If the medical system was infallible, you'd have a solid point. In practice, medical professionals operate within their own biases, rather than being purely objective observers of your symptoms
I tried Focalin, and ended up on plain Adderall. For me, they didn’t create any anxiety at all, or any other noticeable side effects or adverse reactions. I count myself very lucky.
Of course! And everyone is different. In my specific case, only one was true. Treating the root cause fixed all the related symptoms. Others will have different experiences.

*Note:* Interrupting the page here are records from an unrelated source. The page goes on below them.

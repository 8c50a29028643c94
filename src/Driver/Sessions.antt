-- ===== src/Driver/Sessions.antt =====
-- What the sessions in a row keep: the durable state behind what the server was told, and the role.
use jack_courier_driver_pglg.Prelude.{
  ◌≤◌, ◌≡◌, refl, List, [], ◌∷◌, Bool, true, false, Option, none, some, Bytes, All, All-imp, arith,
  Bool-cases, inl, inr, if◌then◌else◌,
}
use jack_courier_driver_pglg.Errors.{
  Error, ok, err, slot_busy, connect, cancelled, read_cursor as read_error,
}
use jack_courier_driver_pglg.Row.{Lsn}
use jack_courier_driver_pglg.Wal.{Decoders, WalConsumer, new_wal_consumer, start_at}
use jack_courier_driver_pglg.Cursor.{position, cursor_lsn, read_cursor}
use jack_courier_driver_pglg.Flush.Confirmed.{Confirmed, Confirmed-mono}
use jack_courier_driver_pglg.Stream.{Limits, start}
use jack_courier_driver_pglg.Stream.Safety.{run-IsConfirmed}
use jack_courier_driver_pglg.Driver.{
  shutdown, World, Ran, SessionInputs, Starting, unidentified, started, refused,
  relinquish_leadership, start_streaming, cursor_answer, close_session, stream, with_cursor,
  run_once, after_error, after_session, continue, run_sessions,
}

-- Whatever any consumer told the server is flushed lies within the durable cursor.
abbrev pub IsDurable : World → Type 0
IsDurable w = All (Confirmed (cursor_lsn w.db)) w.closed

-- A step from `w` keeps what was told durable and does not move the cursor back.
abbrev Sound : World → World → Type 0
Sound w w' = (cursor_lsn w.db ≤ cursor_lsn w'.db) × IsDurable w'

new-Confirmed : (c : Lsn) → Confirmed c new_wal_consumer
new-Confirmed c = record { position = omega arith; told = tt }

start_at-Confirmed : (c : Lsn) → Confirmed c (start_at c new_wal_consumer)
unfolding start_at
start_at-Confirmed c = record { position = omega arith; told = tt }

older : {c d : Lsn} (ws : List WalConsumer) → c ≤ d → All (Confirmed c) ws → All (Confirmed d) ws
older {c} {d} ws h k = All-imp (Confirmed c) (Confirmed d) ws (λ w p. Confirmed-mono h p) k

abbrev GoesOn : World → World → Type 0
GoesOn w w' = IsDurable w' × (cursor_lsn w.db ≤ cursor_lsn w'.db)

after_error-same :
    (i : SessionInputs) (e : Error) (w : World)
    → ((after_error i e w).1.db ≡ w.db) × ((after_error i e w).1.closed ≡ w.closed)
unfolding after_error
after_error-same i slot_busy w = (refl, refl)
after_error-same i e w = (refl, refl)

after_session-Durable :
    (i : SessionInputs) (r : Ran) (k : World → Ran)
    → ((w : World) → IsDurable w → GoesOn w (k w).1)
    → IsDurable r.1
    → GoesOn r.1 (after_session i r k).1
unfolding after_session continue
after_session-Durable i (ok u, w) k f h = (h, omega arith)
after_session-Durable i (err e, w) k f h = go i.stopped (after_error i e w) (after_error-same i e w)
  where
    go :
        (b : Bool) (r : Ran)
        → (r.1.db ≡ w.db) × (r.1.closed ≡ w.closed)
        → GoesOn w
            (if b
              then (err cancelled, record w { driver = relinquish_leadership shutdown w.driver })
              else continue r k).1
    go true r same = (h, omega arith)
    go false (err x, w') (db, closed) = (rw (db, closed) h, rw db (omega arith))
    go false (ok v, w') (db, closed) =
        let (told, forward) = f w' (rw (db, closed) h) in (told, rw (← db) forward)

pub read_cursor-answer :
    (show_lsn : Lsn → Bytes) (parse_lsn : Bytes → Option Lsn)
    → ((l : Lsn) → parse_lsn (show_lsn l) ≡ some l)
    → (c : Option Lsn) → read_cursor parse_lsn (cursor_answer show_lsn true c) ≡ ok (position c)
unfolding read_cursor cursor_answer
read_cursor-answer show_lsn parse_lsn reads none = refl
read_cursor-answer show_lsn parse_lsn reads (some l) = rw reads refl

pub read_cursor-failed :
    (show_lsn : Lsn → Bytes) (parse_lsn : Bytes → Option Lsn) (c : Option Lsn)
    → read_cursor parse_lsn (cursor_answer show_lsn false c) ≡ err read_error
unfolding read_cursor cursor_answer
read_cursor-failed show_lsn parse_lsn c = refl

module _ (lib : Decoders) (cfg : Limits) (show_lsn : Lsn → Bytes) (parse_lsn : Bytes → Option Lsn)
    (reads : (l : Lsn) → parse_lsn (show_lsn l) ≡ some l) where
  stream-Sound :
      (i : SessionInputs) (w : World)
      → IsDurable w
      → Sound w
          (stream lib cfg i
            (cursor_lsn w.db)
            w
            (start_streaming i.starting (cursor_lsn w.db) new_wal_consumer)).1
  unfolding stream close_session start_streaming start
  stream-Sound i w h = go i.starting
    where
      go :
          (s : Starting)
          → Sound w
              (stream lib cfg i
                (cursor_lsn w.db)
                w
                (start_streaming s (cursor_lsn w.db) new_wal_consumer)).1
      go unidentified = (omega arith, (new-Confirmed _, h))
      go (refused b) = (omega arith, (new-Confirmed _, h))
      go started =
          let s = start cfg i.now (cursor_lsn w.db) (record {
            wal = start_at (cursor_lsn w.db) new_wal_consumer;
            db = w.db;
            submitted = w.submitted;
            answered = w.answered;
          }) in
          let (told, forward) =
            run-IsConfirmed lib cfg i.rounds s (start_at-Confirmed (cursor_lsn w.db)) in
          (forward, (told, older w.closed forward h))

  connected-Sound :
      (i : SessionInputs) (w : World)
      → IsDurable w
      → Sound w (with_cursor lib cfg i w (ok (cursor_lsn w.db))).1
  unfolding with_cursor
  connected-Sound i w h = go i.connect_ok
    where
      go :
          (c : Bool)
          → Sound w
              (if c
                then stream lib cfg i
                    (cursor_lsn w.db)
                    w
                    (start_streaming i.starting (cursor_lsn w.db) new_wal_consumer)
                else (err connect, w)).1
      go true = stream-Sound i w h
      go false = (omega arith, h)

  run_once-Sound :
      (i : SessionInputs) (w : World)
      → IsDurable w
      → Sound w (run_once lib cfg show_lsn parse_lsn i w).1
  unfolding run_once with_cursor
  run_once-Sound i w h = elim (Bool-cases i.query_ok) [
    | inl asked ↦
        rw (asked, read_cursor-answer show_lsn parse_lsn reads w.db.cursor) (connected-Sound i w h)
    | inr failed ↦ rw (failed, read_cursor-failed show_lsn parse_lsn w.db.cursor) (omega arith, h)
  ]

  -- Over any sessions, whatever fails in them and however Run ends: if every position that a closed
  -- connection told the server to be flushed was at most the durable cursor before, all are after,
  -- those of the new connections among them; and the cursor has not moved back. It needs that the
  -- driver reads the cursor as PostgreSQL writes it.
  pub run_sessions-IsDurable :
      (is : List SessionInputs) (w : World)
      → IsDurable w
      → IsDurable (run_sessions lib cfg show_lsn parse_lsn is w).1
        × (cursor_lsn w.db ≤ cursor_lsn (run_sessions lib cfg show_lsn parse_lsn is w).1.db)
  unfolding run_sessions
  run_sessions-IsDurable [] w h = (h, omega arith)
  run_sessions-IsDurable (i ∷ is) w h =
      let (forward, told) = run_once-Sound i w h in
      let (told', forward') =
        after_session-Durable i (run_once lib cfg show_lsn parse_lsn i w)
          (run_sessions lib cfg show_lsn parse_lsn is) (run_sessions-IsDurable is) told in
      (told', omega arith)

It probably wasn't even the first bite. Most victims of dog bites are friends of a biting dog's owner, with implicit (and sometimes explicit) pressure not to report. I've met people whose dogs have bit as many as seven people without having a formal bite record.
I was mauled by a rabbit, not a dog (I love dogs!!!).
But in theory it is impossible to report rabbit attack. Police will refuse to write a protocol, and give you an report! If you insist, they insert weasel words like "non aggressive rabbit was provoked", making any further claims hard to prove.
I would recommend anyone whose neighbors have aggressive rabbits, to install cameras, keep all records several years back.
And report every incident! And also check your report was actually kept, and put on record a few weeks later!
Makes everything much easier in a longer-term, if your family members ends in hospital!!
I can only understand this if they were incapcitated, unconscious... I mean just kick it off, it weighs a few ounces. How does a rabbit do enough damage to require amputation of the effing leg!?! Think how small a rabbits mouth is, they dont each meat so it would take them a long time to chow down on your leg. Theyre weaker than a cat, unless its one of those massive hares, and have you ever heard a cat mauling someones leg off? I need to see either the size of this rabbit, or the size of this person.
I guess experience depends. If positive diagnosis, is attached to some sort of compensations.
If psychiatry can sell you cheep medicine for a huge profit, they will overdisgnose.
If employer, institute, state, or university would have to pay compensations, they will under diagnose.
About 20% of US population went through horrible sexual abuse (documented fact). I would not discount the amount of people who have anxiety and PTSD from past events.
You can get diagnosed with ‘anxiety’ when you’ve been in a hard circumstance for a while, since it’s simply a self-reporting questionnaire on levels of concern. That’s not a way to determine pathology - how do they tell when it’s appropriate behavior, eg when you’re actually in a dangerous situation.
This economy, since the financial crisis, has had weak employment (when you factor in not-in-workforce trends over the last 50 years), being under-employed for a long time is a threat to life. You can be in a location or situation where you’re blind to a loss of economic opportunity because there is so much misinformation. Anxiety is not maladaptive then.
This happened to me, and when my situation finally began to improve after a change in direction, my anxiety went down. Before I made that change, I found anti-anxiety meds put me in a dysfunctional ‘happy’ state, that made it harder to course correct or care about my reality. So I quickly stopped taking them last year, shortly after receiving them. And yet a diagnosis was made then, and looking at my medical report, this so called disease remains on my medical record. Ridiculous. All that self-reporting showed was normal human behavior.
Luckily, at the worst time, I also hedged by seeing separately a psychologist who helped me understand through a series of interviews that all my behavior was appropriate to my situation.